§ **WHAT YOU NEED TO DO**
Return all the lines below in which the string "false" appears.

§ **DATA FOR THIS TASK**

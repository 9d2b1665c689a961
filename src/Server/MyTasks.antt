-- ===== src/Server/MyTasks.antt =====
-- The list of tasks agrees with the engine: a user is shown what the engine lets them decide.
use workflow_automation_plat.Common.{
  ℕ, ◌≡◌, ◌↔◌, refl, sym, ap, subst, ◌∙◌, arith, String, true, false, none, some, List, [], ◌∷◌,
  map, All, All-IsIn, IsIn, IsIn-append_cases, IsIn-append_left, IsIn-append_right, find, inl, inr,
  Bool-cases, eq_refl, if◌then◌else◌,
}
use mathlib.Core.Bool.{false≢true}
use mathlib.Core.Option.{some-injective, none-ne-some}
use workflow_automation_plat.Js.{Fields}
use workflow_automation_plat.Engine.Conditions.{Python}
use workflow_automation_plat.Engine.Process.{
  raised, status_refused, Catalog, User, WorkflowStep, RequestStep, Instance, done, current_exec,
  is_open_at,
}
use workflow_automation_plat.Engine.Step.{is_step_status, process_step, refusal}
use workflow_automation_plat.Engine.Progress.{
  decided, IsClosed, HasOneOpen, IsActive, is_open_at-open, is_open_at-closed, process_step-settled,
}
use workflow_automation_plat.Engine.Invariant.{IsConsistent}
use workflow_automation_plat.Engine.Waiting.{IsWaiting}
use workflow_automation_plat.Server.Store.{RequestRow, Db}
use workflow_automation_plat.Server.Listing.{is_pending, may_decide, tasks_of, my_tasks}
use workflow_automation_plat.Server.Kept.{IsKept}
use workflow_automation_plat.Server.Invariant.{Reaches, Reaches-AllKept}

-- The filter of the list and the check of the engine are the same.
pub may_decide_iff :
    (py : Python) (user : User) (step : WorkflowStep)
    → (may_decide py user step ≡ true) ↔ (refusal py user step ≡ none)
unfolding refusal
may_decide_iff py user step = ground arith

module _ (py : Python) (user : User) where
  abbrev shown : RequestStep → List RequestStep
  shown x = if may_decide py user x.step then x ∷ [] else []

  closed-tasks : (xs : List RequestStep) → IsClosed xs → tasks_of py user xs ≡ []
  unfolding tasks_of
  closed-tasks [] h = refl
  closed-tasks (x ∷ xs) ((t, e), h) =
      let shut : is_pending x ≡ false = ground arith in rw (shut, closed-tasks xs h) refl

  open-tasks :
      (id : ℕ) (xs : List RequestStep)
      → HasOneOpen id xs
      → All IsWaiting xs
      → (x : RequestStep) × (find (is_open_at id) xs ≡ some x) × (tasks_of py user xs ≡ shown x)
  unfolding tasks_of
  open-tasks id [] h w = elim h [ ]
  open-tasks id (x ∷ xs) (inl (e, f, c)) (p, w) =
      let waits : is_pending x ≡ true = rw (p e, e, eq_refl "PENDING") refl in
      (x, rw (is_open_at-open id x e f) refl, rw (waits, closed-tasks xs c) refl)
  open-tasks id (x ∷ xs) (inr ((t, e), h)) (p, w) =
      let (y, f, g) = open-tasks id xs h w in
      let shut : is_pending x ≡ false = ground arith in
      (y, rw (is_open_at-closed id t x e) f, rw shut g)

  shown-mem : (x y : RequestStep) → IsIn y (shown x) ↔ ((x ≡ y) × (refusal py user y.step ≡ none))
  shown-mem x y = elim (Bool-cases (may_decide py user x.step)) [
    | inl e ↦ rw e (
      (λ h. elim h [
        | inl p ↦ (sym p, rw p ((may_decide_iff py user x.step).0 e))
        | inr k ↦ absurd k
      ]),
      λ (p, k). inl (sym p),
    )
    | inr e ↦ rw e (
      (λ h. absurd h),
      λ (p, k). absurd (false≢true (sym e ∙ (may_decide_iff py user x.step).1 (rw p k))),
    )
  ]

  tasks_of-mem :
      (r : Instance) (y : RequestStep)
      → IsKept r
      → IsIn y (tasks_of py user r.steps)
        ↔ ((current_exec r ≡ some y) × (refusal py user y.step ≡ none))
  unfolding current_exec
  tasks_of-mem r y ((t, inl (s, (id, e, h))), w) =
      let (x, f, g) = open-tasks id r.steps h w in
      let (to, from) = shown-mem x y in
      rw (g, e, f)
        ((λ k. (ap (λ z. some z) (to k).0, (to k).1)), λ (p, k). from (some-injective _ _ p, k))
  tasks_of-mem r y ((t, inr (s, e, c)), w) =
      rw (closed-tasks r.steps c, e) ((λ h. absurd h), λ (p, k). absurd (none-ne-some _ p))

module _ {A : Type 0} (id : ℕ) where
  IsIn-tagged :
      (p : ℕ × A) (xs : List A) → IsIn p (map (λ x. (id, x)) xs) → (id ≡ p.0) × IsIn p.1 xs
  IsIn-tagged p [] h = elim h [ ]
  IsIn-tagged p (x ∷ xs) (inl e) = (ap (λ q. q.0) (sym e), inl (ap (λ q. q.1) e))
  IsIn-tagged p (x ∷ xs) (inr h) = let (e, k) = IsIn-tagged p xs h in (e, inr k)

  IsIn-tag : (a : A) (xs : List A) → IsIn a xs → IsIn {A = ℕ × A} (id, a) (map (λ x. (id, x)) xs)
  IsIn-tag a [] h = elim h [ ]
  IsIn-tag a (x ∷ xs) (inl e) = inl (ap (λ y. (id, y)) e)
  IsIn-tag a (x ∷ xs) (inr h) = inr (IsIn-tag a xs h)

module _ (py : Python) (user : User) where
  listed_row :
      (p : ℕ × RequestStep) (rows : List RequestRow)
      → IsIn p (my_tasks py user rows)
      → (row : RequestRow) × IsIn row rows
        × (row.id ≡ p.0)
        × IsIn p.1 (tasks_of py user row.state.steps)
  unfolding my_tasks
  listed_row p [] h = elim h [ ]
  listed_row p (r ∷ rows) h =
      elim (IsIn-append_cases p (map (λ x. (r.id, x)) (tasks_of py user r.state.steps)) _ h) [
        | inl k ↦
            let (e, i) = IsIn-tagged r.id p (tasks_of py user r.state.steps) k in
            (r, inl refl, e, i)
        | inr k ↦ let (row, i, e, t) = listed_row p rows k in (row, inr i, e, t)
      ]

  listed-IsIn :
      (x : RequestStep) (row : RequestRow) (rows : List RequestRow)
      → IsIn row rows
      → IsIn x (tasks_of py user row.state.steps)
      → IsIn {A = ℕ × RequestStep} (row.id, x) (my_tasks py user rows)
  unfolding my_tasks
  listed-IsIn x row [] h k = elim h [ ]
  listed-IsIn x row (r ∷ rows) (inl e) k =
      IsIn-append_left _ (map (λ y. (r.id, y)) (tasks_of py user r.state.steps)) _ (
        subst
          (λ q.
            IsIn {A = ℕ × RequestStep} (q.id, x)
              (map (λ y. (r.id, y)) (tasks_of py user r.state.steps)))
          (sym e)
          (IsIn-tag r.id x (tasks_of py user r.state.steps)
            (subst (λ q. IsIn x (tasks_of py user q.state.steps)) e k)))
  listed-IsIn x row (r ∷ rows) (inr h) k =
      IsIn-append_right _ (map (λ y. (r.id, y)) (tasks_of py user r.state.steps)) _
        (listed-IsIn x row rows h k)

  -- In every state that the database reaches, a user's list of tasks has exactly the current steps
  -- of the requests on which the engine lets this user decide, each with its request.
  pub my_tasks-mem :
      {db : Db} (id : ℕ) (x : RequestStep)
      → Reaches py db
      → IsIn {A = ℕ × RequestStep} (id, x) (my_tasks py user db.requests) ↔ (
          (row : RequestRow) × IsIn row db.requests
          × (row.id ≡ id)
          × (current_exec row.state ≡ some x)
          × (refusal py user x.step ≡ none))
  my_tasks-mem {db} id x h =
      let kept = λ (row : RequestRow) (i : IsIn row db.requests).
        All-IsIn (λ (r : RequestRow). IsKept r.state) db.requests row (Reaches-AllKept py h) i in
      (
        (λ k.
            let (row, i, e, t) = listed_row (id, x) db.requests k in
            let (c, f) = (tasks_of-mem py user row.state x (kept row i)).0 t in (row, i, e, c, f)),
        λ (row, i, e, c, f).
            subst (λ n. IsIn {A = ℕ × RequestStep} (n, x) (my_tasks py user db.requests)) e
              (listed-IsIn x row db.requests i
                ((tasks_of-mem py user row.state x (kept row i)).1 (c, f))),
      )

  current_exec-IsActive :
      (r : Instance) {x : RequestStep} → IsConsistent r → current_exec r ≡ some x → IsActive r
  unfolding current_exec
  current_exec-IsActive r (t, inl a) e = a
  current_exec-IsActive r (t, inr (s, n, c)) e = absurd (none-ne-some _ (rw n at e))

  -- Whatever the user decides on a task of the list, and whenever, if the request is still as it was
  -- listed: a decision whose outcome is a status of steps is carried out by the engine, and the
  -- database refuses any other.
  pub my_tasks_granted :
      {db : Db} (id : ℕ) (x : RequestStep) (catalog : Catalog) (now : ℕ) (outcome : String)
      (context : Fields)
      → Reaches py db
      → IsIn {A = ℕ × RequestStep} (id, x) (my_tasks py user db.requests)
      → (row : RequestRow) × IsIn row db.requests
        × (row.id ≡ id)
        × (process_step py catalog now user outcome context (some row.state) ≡ (
            if is_step_status outcome
            then done (decided py catalog now user outcome context row.state x.step)
            else raised status_refused))
  my_tasks_granted {db} id x catalog now outcome context h k =
      let (row, i, e, c, f) = (my_tasks-mem id x h).0 k in
      let kept =
        All-IsIn (λ (r : RequestRow). IsKept r.state) db.requests row (Reaches-AllKept py h) i in
      let settled =
        process_step-settled py catalog now user outcome context row.state x
          (current_exec-IsActive row.state kept.0 c) c f in
      (row, i, e, settled)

§ **OUTPUT FOR THIS TASK**
  ℕ, ◌≡◌, ◌↔◌, refl, sym, ap, subst, ◌∙◌, arith, String, true, false, none, some, List, [], ◌∷◌,
use mathlib.Core.Bool.{false≢true}
      let shut : is_pending x ≡ false = ground arith in rw (shut, closed-tasks xs h) refl
      let shut : is_pending x ≡ false = ground arith in
      λ (p, k). absurd (false≢true (sym e ∙ (may_decide_iff py user x.step).1 (rw p k))),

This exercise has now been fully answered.